• Work item
Extract the final stretch of the data: the line that contains "missing_first_snapshot_id = some" and every line after it, unaltered, and no other lines.

• Records for processing
#####

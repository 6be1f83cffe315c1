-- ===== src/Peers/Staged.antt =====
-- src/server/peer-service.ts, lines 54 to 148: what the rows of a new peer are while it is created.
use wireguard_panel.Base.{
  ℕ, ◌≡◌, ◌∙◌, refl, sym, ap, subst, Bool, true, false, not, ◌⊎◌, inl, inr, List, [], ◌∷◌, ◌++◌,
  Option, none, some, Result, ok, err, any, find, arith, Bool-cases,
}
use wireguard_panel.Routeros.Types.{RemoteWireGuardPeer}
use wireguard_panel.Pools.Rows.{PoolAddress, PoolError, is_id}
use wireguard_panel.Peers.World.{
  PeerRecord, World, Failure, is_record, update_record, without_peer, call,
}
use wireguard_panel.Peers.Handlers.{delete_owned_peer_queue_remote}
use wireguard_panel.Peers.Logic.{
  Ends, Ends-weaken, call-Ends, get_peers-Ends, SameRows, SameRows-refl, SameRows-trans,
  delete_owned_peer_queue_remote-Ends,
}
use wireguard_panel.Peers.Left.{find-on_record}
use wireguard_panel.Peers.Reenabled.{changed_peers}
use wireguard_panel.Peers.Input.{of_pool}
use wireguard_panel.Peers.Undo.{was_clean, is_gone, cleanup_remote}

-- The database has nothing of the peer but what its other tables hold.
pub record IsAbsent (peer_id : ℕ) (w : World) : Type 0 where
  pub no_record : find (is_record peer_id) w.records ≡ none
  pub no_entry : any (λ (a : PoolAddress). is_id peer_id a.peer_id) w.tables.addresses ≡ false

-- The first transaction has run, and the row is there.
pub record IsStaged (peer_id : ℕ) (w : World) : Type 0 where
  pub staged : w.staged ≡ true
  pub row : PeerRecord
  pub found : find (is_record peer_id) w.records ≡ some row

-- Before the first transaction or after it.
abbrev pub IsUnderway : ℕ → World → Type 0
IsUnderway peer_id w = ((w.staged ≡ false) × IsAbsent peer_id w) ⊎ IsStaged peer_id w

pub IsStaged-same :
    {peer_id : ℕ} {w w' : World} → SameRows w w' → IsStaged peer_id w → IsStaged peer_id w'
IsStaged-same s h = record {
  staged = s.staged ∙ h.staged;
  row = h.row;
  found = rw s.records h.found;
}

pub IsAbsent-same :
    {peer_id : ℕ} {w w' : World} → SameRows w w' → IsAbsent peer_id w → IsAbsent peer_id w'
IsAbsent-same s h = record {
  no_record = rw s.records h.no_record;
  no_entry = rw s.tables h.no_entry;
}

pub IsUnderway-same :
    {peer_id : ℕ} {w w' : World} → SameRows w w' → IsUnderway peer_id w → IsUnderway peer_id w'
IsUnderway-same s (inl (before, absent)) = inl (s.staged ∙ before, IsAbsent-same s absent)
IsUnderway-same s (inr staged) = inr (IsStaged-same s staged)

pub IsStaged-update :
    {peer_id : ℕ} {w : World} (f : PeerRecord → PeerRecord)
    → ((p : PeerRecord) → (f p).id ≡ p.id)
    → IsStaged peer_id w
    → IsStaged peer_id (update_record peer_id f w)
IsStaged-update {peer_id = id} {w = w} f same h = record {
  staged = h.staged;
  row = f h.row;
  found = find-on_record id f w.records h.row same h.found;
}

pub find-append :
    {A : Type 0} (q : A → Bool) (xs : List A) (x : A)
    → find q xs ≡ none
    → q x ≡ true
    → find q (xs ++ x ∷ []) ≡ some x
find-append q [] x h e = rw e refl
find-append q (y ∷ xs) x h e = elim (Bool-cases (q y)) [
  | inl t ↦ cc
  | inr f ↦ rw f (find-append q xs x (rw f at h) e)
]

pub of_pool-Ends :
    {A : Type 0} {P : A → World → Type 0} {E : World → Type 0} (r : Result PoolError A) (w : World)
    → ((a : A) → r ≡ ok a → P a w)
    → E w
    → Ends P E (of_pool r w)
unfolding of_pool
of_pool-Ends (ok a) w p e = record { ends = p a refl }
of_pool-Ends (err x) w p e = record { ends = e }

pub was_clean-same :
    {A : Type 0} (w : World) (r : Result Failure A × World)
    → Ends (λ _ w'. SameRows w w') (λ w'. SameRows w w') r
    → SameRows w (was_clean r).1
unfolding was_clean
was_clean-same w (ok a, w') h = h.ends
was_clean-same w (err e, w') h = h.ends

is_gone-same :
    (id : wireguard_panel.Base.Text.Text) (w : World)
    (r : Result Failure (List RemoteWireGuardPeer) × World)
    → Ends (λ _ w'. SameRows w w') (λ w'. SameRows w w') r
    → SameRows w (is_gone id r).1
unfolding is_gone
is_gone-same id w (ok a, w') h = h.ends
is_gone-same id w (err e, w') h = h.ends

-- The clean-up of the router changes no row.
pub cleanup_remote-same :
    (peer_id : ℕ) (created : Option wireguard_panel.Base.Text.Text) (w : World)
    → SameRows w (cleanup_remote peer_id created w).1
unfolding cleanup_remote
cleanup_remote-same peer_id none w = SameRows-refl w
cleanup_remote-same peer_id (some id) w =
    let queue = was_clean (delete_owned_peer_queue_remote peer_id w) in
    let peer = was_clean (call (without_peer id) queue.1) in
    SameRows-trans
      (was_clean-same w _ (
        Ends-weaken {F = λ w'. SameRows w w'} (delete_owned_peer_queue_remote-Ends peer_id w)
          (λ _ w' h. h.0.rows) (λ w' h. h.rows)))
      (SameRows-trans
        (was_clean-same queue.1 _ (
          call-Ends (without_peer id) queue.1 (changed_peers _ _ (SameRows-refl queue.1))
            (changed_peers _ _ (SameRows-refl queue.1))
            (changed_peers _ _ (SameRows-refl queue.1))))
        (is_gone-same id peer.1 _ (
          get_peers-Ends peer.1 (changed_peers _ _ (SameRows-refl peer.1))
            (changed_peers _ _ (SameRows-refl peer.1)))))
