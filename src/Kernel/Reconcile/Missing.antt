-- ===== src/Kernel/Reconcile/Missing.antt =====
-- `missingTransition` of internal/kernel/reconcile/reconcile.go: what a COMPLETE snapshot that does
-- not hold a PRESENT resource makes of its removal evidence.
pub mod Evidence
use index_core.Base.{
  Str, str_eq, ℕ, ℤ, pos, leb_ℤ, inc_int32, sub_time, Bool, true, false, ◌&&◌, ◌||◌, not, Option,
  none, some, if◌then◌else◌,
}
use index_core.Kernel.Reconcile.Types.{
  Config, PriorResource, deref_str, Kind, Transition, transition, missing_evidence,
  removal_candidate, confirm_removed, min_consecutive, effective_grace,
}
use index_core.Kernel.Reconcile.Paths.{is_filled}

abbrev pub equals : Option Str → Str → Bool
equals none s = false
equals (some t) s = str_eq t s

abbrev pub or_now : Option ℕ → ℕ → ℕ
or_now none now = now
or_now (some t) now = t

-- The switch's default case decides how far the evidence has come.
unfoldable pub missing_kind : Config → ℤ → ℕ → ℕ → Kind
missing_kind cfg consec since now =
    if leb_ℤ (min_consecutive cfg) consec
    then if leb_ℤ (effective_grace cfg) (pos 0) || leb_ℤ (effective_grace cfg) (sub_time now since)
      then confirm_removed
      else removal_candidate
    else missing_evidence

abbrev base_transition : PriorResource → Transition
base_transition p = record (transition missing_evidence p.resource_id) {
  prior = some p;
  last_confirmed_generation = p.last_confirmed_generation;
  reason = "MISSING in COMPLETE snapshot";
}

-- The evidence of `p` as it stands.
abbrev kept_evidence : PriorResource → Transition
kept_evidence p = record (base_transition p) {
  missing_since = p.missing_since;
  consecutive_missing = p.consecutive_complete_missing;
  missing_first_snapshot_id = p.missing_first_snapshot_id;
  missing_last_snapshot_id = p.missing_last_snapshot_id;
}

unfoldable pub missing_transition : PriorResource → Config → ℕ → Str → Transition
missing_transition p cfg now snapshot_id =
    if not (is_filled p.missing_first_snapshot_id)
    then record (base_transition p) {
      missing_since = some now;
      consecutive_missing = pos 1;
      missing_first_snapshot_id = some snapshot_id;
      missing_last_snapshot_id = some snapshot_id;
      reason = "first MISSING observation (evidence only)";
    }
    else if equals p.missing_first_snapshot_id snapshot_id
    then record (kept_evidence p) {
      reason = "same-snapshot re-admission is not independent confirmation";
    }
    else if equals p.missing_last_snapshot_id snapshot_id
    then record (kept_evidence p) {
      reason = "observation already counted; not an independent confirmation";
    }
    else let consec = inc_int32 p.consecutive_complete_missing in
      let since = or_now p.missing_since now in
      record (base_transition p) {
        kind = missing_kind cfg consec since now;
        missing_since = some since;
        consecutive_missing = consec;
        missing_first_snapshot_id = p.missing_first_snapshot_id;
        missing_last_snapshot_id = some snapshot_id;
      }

#####

• Task answer
      missing_first_snapshot_id = some snapshot_id;
      missing_last_snapshot_id = some snapshot_id;
      reason = "first MISSING observation (evidence only)";
    }
    else if equals p.missing_first_snapshot_id snapshot_id
    then record (kept_evidence p) {
      reason = "same-snapshot re-admission is not independent confirmation";
    }
    else if equals p.missing_last_snapshot_id snapshot_id
    then record (kept_evidence p) {
      reason = "observation already counted; not an independent confirmation";
    }
    else let consec = inc_int32 p.consecutive_complete_missing in
      let since = or_now p.missing_since now in
      record (base_transition p) {
        kind = missing_kind cfg consec since now;
        missing_since = some since;
        consecutive_missing = consec;
        missing_first_snapshot_id = p.missing_first_snapshot_id;
        missing_last_snapshot_id = some snapshot_id;
      }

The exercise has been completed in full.